ABOUT THIS EXERCISE:
Copy each line below holding "default".

-- EXTRACTED DATA follows --

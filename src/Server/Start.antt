-- ===== src/Server/Start.antt =====
-- services/vault-api/cmd/server/main.go: what main starts; and config/config.go, which it does not use.
use merkle_evidence_vault.Prelude.{
  Option-cases, String, if◌then◌else◌, inl, inr, none, refl, some, ℕ, ◌==◌, ◌↔◌, ◌≡◌, ◌⊎◌,
  string_key,
}
use merkle_evidence_vault.Auth.{Env}
use merkle_evidence_vault.Auth.Startup.{
  StartupError, load_startup_auth_config, validate_auth_startup_config,
}
use merkle_evidence_vault.Auth.Laws.{IsSafeStart, validate_auth_startup_config-IsSafeStart}

-- The server that listens; the timeouts are in seconds.
pub record HttpServer : Type 0 where
  pub addr : String
  pub read_timeout : ℕ
  pub write_timeout : ℕ

abbrev addr_of : String → String
addr_of http_addr = if http_addr == "" then ":8443" else http_addr

abbrev pub configured : Env → HttpServer
configured env = record {
  addr = addr_of (env.getenv "HTTP_ADDR");
  read_timeout = 30;
  write_timeout = 60;
}

-- `main` ends with log.Fatal where the check of the configuration fails, and listens otherwise.
unfoldable pub start_server : Env → StartupError ⊎ HttpServer
unfolding validate_auth_startup_config
start_server env = elim (validate_auth_startup_config env) [
  | some e ↦ inl e
  | none ↦
      inr
        (record { addr = addr_of (env.getenv "HTTP_ADDR"); read_timeout = 30; write_timeout = 60 })
]

-- config.ServerConfig; the timeout is in seconds.
pub record ServerConfig : Type 0 where
  pub http_addr : String
  pub grpc_addr : String
  pub read_timeout : ℕ

-- config.Load, whatever the path.
abbrev pub load : String → ServerConfig
load path = record { http_addr = ":8443"; grpc_addr = ":9443"; read_timeout = 30 }

-- The server listens exactly where its authentication is configured safely.
pub start_server-listens_iff :
    (env : Env)
    → (start_server env ≡ inr (configured env))
      ↔ IsSafeStart
          (load_startup_auth_config env).policy.enable_test_jwt
          (load_startup_auth_config env)
unfolding start_server
start_server-listens_iff env =
    let (to, from) = validate_auth_startup_config-IsSafeStart env in
    elim (Option-cases (validate_auth_startup_config env)) [
      | inl passes ↦ ((λ listens. to passes), (λ safe. rw (start_server, passes) refl))
      | inr (e, fails) ↦
          let ends : start_server env ≡ inl e = rw (start_server, fails) refl in
          ((λ listens. absurd (cc)), (λ safe. let passes = from safe in absurd (cc)))
    ]
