-- ===== src/Services/Checkout.antt =====
-- app/services/order_checkout.py. A provider's `charge` is a function on a state of its own; that no
-- transaction is open while it runs is the shape of `checkout`, two runs of `begin` around it.
pub mod Replay
pub mod Once
pub mod Outcomes
pub mod Declined
pub mod Succeeded
pub mod Oversell
use Prim.Native.String.{◌++◌ as str_append}
use canals_assessment.Prelude.{
  ℕ, zero, suc, String, Bool, not, Option, none, some, List, str_eq, if◌then◌else◌, map,
}
use canals_assessment.Domain.Enums.{OrderStatus, ReservationStatus, IdempotencyStatus}
use canals_assessment.Domain.Values.{
  PostalAddress, RequestedItem, PaymentOutcome, PaymentResult, OrderResponse, OrderItemOut,
  WarehouseOut, Point,
}
use canals_assessment.Domain.Errors.{Exception, DomainError}
use canals_assessment.Db.Rows.{
  Db, Order, OrderItem, Warehouse, IdempotencyKey, Payload, line_total_minor,
}
use canals_assessment.Db.Tx.{
  Result, ok, err, Tx, pure, raise, gets, lift, begin, resume, ◌>>=◌, ◌>>◌, Env,
}
use canals_assessment.Repositories.Orders.{transition, get_for_response, LoadedOrder}
use canals_assessment.Repositories.Reservation.{release_reservation, settle_for_order}
use canals_assessment.Repositories.Idempotency.{claim, get, reclaim_failed, settle_completed}
use canals_assessment.Repositories.Idempotency
use canals_assessment.Repositories.Payments.{create_pending, mark_succeeded, mark_unknown}
use canals_assessment.Repositories.Payments
use canals_assessment.Repositories.Outbox
use canals_assessment.Services.Selection.{Geocoder, to_point}
use canals_assessment.Services.Creation.{create_in_transaction}

-- `x or default` on an optional text: the empty text is falsy too.
abbrev pub text_or : Option String → String → String
text_or none d = d
text_or (some s) d = if str_eq s "" then d else s

-- `x or default` on an optional status.
abbrev pub status_or : Option ℕ → ℕ → ℕ
status_or none d = d
status_or (some zero) d = d
status_or (some (suc n)) d = suc n

-- The arguments of `PaymentProvider.charge`.
pub record Charge : Type 0 where
  pub card : String
  pub amount_minor : ℕ
  pub currency : String
  pub description : String
  pub idempotency_key : String

-- The arguments of `checkout`.
pub record Request : Type 0 where
  pub idempotency_key : String
  pub request_hash : String
  pub customer_id : ℕ
  pub address : PostalAddress
  pub items : List RequestedItem
  pub card : String

pub record CheckoutResult : Type 0 where
  pub order_id : ℕ
  pub body : OrderResponse
  pub status_code : ℕ

-- The end of `_claim_key` for a `failed` key, by whether the compare-and-swap won.
unfoldable pub reclaimed : String → Bool → Tx (Unit {0})
reclaimed key won =
    if won then pure tt else raise (Exception.domain (DomainError.idempotency_in_progress key))

-- What an existing key with the same hash means.
unfoldable pub judge_status : String → IdempotencyKey → IdempotencyStatus → Tx (Unit {0})
unfolding reclaimed
judge_status key e IdempotencyStatus.completed =
    raise (Exception.replayed e.response_body (status_or e.response_status 200))
judge_status key e IdempotencyStatus.failed = do won ← reclaim_failed key; reclaimed key won
judge_status key e IdempotencyStatus.in_progress =
    raise (Exception.domain (DomainError.idempotency_in_progress key))

-- What an existing key means: its hash first.
unfoldable pub judge : String → String → Option IdempotencyKey → Tx (Unit {0})
unfolding judge_status
judge key hashed none = raise (Exception.domain (DomainError.idempotency_in_progress key))
judge key hashed (some e) =
    if not (str_eq e.request_hash hashed)
    then raise (Exception.domain (DomainError.idempotency_key_reuse key))
    else judge_status key e e.status

unfoldable pub after_claim : String → String → Option ℕ → Tx (Unit {0})
unfolding judge
after_claim key hashed (some id) = pure tt
after_claim key hashed none = do existing ← get key; judge key hashed existing

-- `_claim_key`
unfoldable pub claim_key : Env → String → String → Tx (Unit {0})
unfolding after_claim
claim_key env key hashed = do claimed ← claim env key hashed; after_claim key hashed claimed

-- What tx1 leaves to the rest of `checkout`.
pub record Placed : Type 0 where
  pub order : Order
  pub payment_id : ℕ

abbrev pub describe : Env → ℕ → String
describe env order_id = str_append "Order " (env.str_uuid order_id)

-- The body of tx1, once the key is claimed.
unfoldable pub place_claimed : Env → Geocoder → Request → Point → Tx Placed
place_claimed env geocode r shipping_point = do
  order ← create_in_transaction env geocode r.customer_id r.address r.items shipping_point
  payment ← create_pending env order.id order.total_minor order.currency (describe env order.id)
  pure (record { order = order; payment_id = payment.id })

-- The body of tx1.
unfoldable pub place : Env → Geocoder → Request → Point → Tx Placed
place env geocode r shipping_point = do
  claim_key env r.idempotency_key r.request_hash
  place_claimed env geocode r shipping_point

abbrev pub item_out : OrderItem → OrderItemOut
item_out i = record {
  product_id = i.product_id;
  product_sku = i.product_sku;
  product_name = i.product_name;
  quantity = i.quantity;
  unit_price_minor = i.unit_price_minor;
  currency = i.currency;
  line_total_minor = line_total_minor i;
}

abbrev pub warehouse_out : Option Warehouse → Option WarehouseOut
warehouse_out none = none
warehouse_out (some w) = some (record { id = w.id; code = w.code; name = w.name })

abbrev pub response : LoadedOrder → Option String → OrderResponse
response l reference = record {
  id = l.order.id;
  status = l.order.status;
  warehouse = warehouse_out l.warehouse;
  items = map item_out l.items;
  total_minor = l.order.total_minor;
  currency = l.order.currency;
  payment_reference = reference;
  created_at = l.order.created_at;
}

-- `_render`
unfoldable pub render : ℕ → Option String → Tx OrderResponse
render order_id reference = do loaded ← get_for_response order_id; pure (response loaded reference)

-- `str(order.warehouse_id)`
abbrev pub str_optional : Env → Option ℕ → String
str_optional env none = "None"
str_optional env (some w) = env.str_uuid w

abbrev pub order_confirmed : String
order_confirmed = "order_confirmed"

abbrev pub payload_of : Env → Order → PaymentResult → Payload
payload_of env order result = record {
  order_id = env.str_uuid order.id;
  customer_id = env.str_uuid order.customer_id;
  warehouse_id = str_optional env order.warehouse_id;
  total_minor = order.total_minor;
  currency = order.currency;
  payment_reference = result.reference;
}

-- `_complete`, up to the response.
unfoldable pub fulfil : Env → Order → ℕ → PaymentResult → Tx OrderResponse
fulfil env order payment_id result = do
  mark_succeeded payment_id result.reference result.card_brand result.card_last4
  transition env order.id OrderStatus.reserved OrderStatus.paid (some "payment succeeded")
  transition env order.id OrderStatus.paid OrderStatus.confirmed (some "order confirmed")
  settle_for_order order.id ReservationStatus.committed
  Outbox.add env order_confirmed order.id (payload_of env order result)
  render order.id result.reference

-- `_complete`
unfoldable pub complete : Env → Order → ℕ → PaymentResult → String → Tx OrderResponse
complete env order payment_id result key = do
  body ← fulfil env order payment_id result
  settle_completed key body 201 order.id
  pure body

-- `_compensate`
unfoldable pub compensate : Env → Order → ℕ → PaymentResult → String → Tx (Unit {0})
compensate env order payment_id result key = do
  Payments.mark_failed payment_id (text_or result.failure_reason "declined") result.card_brand
      result.card_last4
  release_reservation order.id
  transition env order.id OrderStatus.reserved OrderStatus.payment_failed
      (some (text_or result.failure_reason "declined"))
  Idempotency.mark_failed key (some order.id)

-- `_leave_unresolved`
unfoldable pub leave_unresolved : ℕ → PaymentResult → Tx (Unit {0})
leave_unresolved payment_id result =
    mark_unknown payment_id (text_or result.failure_reason "unknown") result.card_brand
      result.card_last4

-- The body of tx2, by the provider's outcome; only a success has a response.
unfoldable pub resolve :
    Env → Placed → PaymentResult → String → PaymentOutcome → Tx (Option OrderResponse)
resolve env placed result key PaymentOutcome.succeeded = do
  body ← complete env placed.order placed.payment_id result key
  pure (some body)
resolve env placed result key PaymentOutcome.declined = do
  compensate env placed.order placed.payment_id result key
  pure none
resolve env placed result key PaymentOutcome.unknown = do
  leave_unresolved placed.payment_id result
  pure none

-- What `checkout` raises or returns after tx2.
unfoldable pub answer :
    ℕ → PaymentResult → Option OrderResponse → PaymentOutcome → Result CheckoutResult
answer order_id result body PaymentOutcome.declined =
    err (Exception.domain (DomainError.payment_declined (text_or result.failure_reason "declined")))
answer order_id result body PaymentOutcome.unknown =
    err
      (Exception.domain (DomainError.payment_unresolved (text_or result.failure_reason "unknown")))
answer order_id result none PaymentOutcome.succeeded = err Exception.runtime_error
answer order_id result (some body) PaymentOutcome.succeeded =
    ok (record { order_id = order_id; body = body; status_code = 201 })

abbrev pub charge_of : Env → Request → Order → Charge
charge_of env r order = record {
  card = r.card;
  amount_minor = order.total_minor;
  currency = order.currency;
  description = describe env order.id;
  idempotency_key = env.str_uuid order.id;
}

-- From the provider's answer on: tx2 and what follows it.
unfoldable pub conclude : Env → Request → Placed → PaymentResult → Tx CheckoutResult
unfolding answer
conclude env r placed result = do
  body ← begin (resolve env placed result r.idempotency_key result.outcome)
  lift (answer placed.order.id result body result.outcome)

-- Geocoding and tx1.
unfoldable pub open_order : Env → Geocoder → Request → Tx Placed
open_order env geocode r = do
  coordinates ← lift (geocode r.address)
  shipping_point ← lift (to_point coordinates)
  begin (place env geocode r shipping_point)

module _ {P : Type 0} (charge : P → Charge → PaymentResult × P) where
  -- The charge, with tx1 committed and no transaction open, and the rest.
  unfoldable pub pay : Env → Request → Result Placed × Db → P → Result CheckoutResult × Db × P
  pay env r (err e, db) provider = (err e, db, provider)
  pay env r (ok placed, db) provider =
      let (result, provider') = charge provider (charge_of env r placed.order) in
      let (answered, db') = conclude env r placed result db in (answered, db', provider')

  -- `OrderCheckoutService.checkout`
  unfoldable pub checkout : Env → Geocoder → Request → Db → P → Result CheckoutResult × Db × P
  unfolding pay
  checkout env geocode r db provider = pay env r (open_order env geocode r db) provider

-- EXTRACTED DATA concluded --

ANSWER BELOW:
-- `x or default` on an optional text: the empty text is falsy too.
-- `x or default` on an optional status.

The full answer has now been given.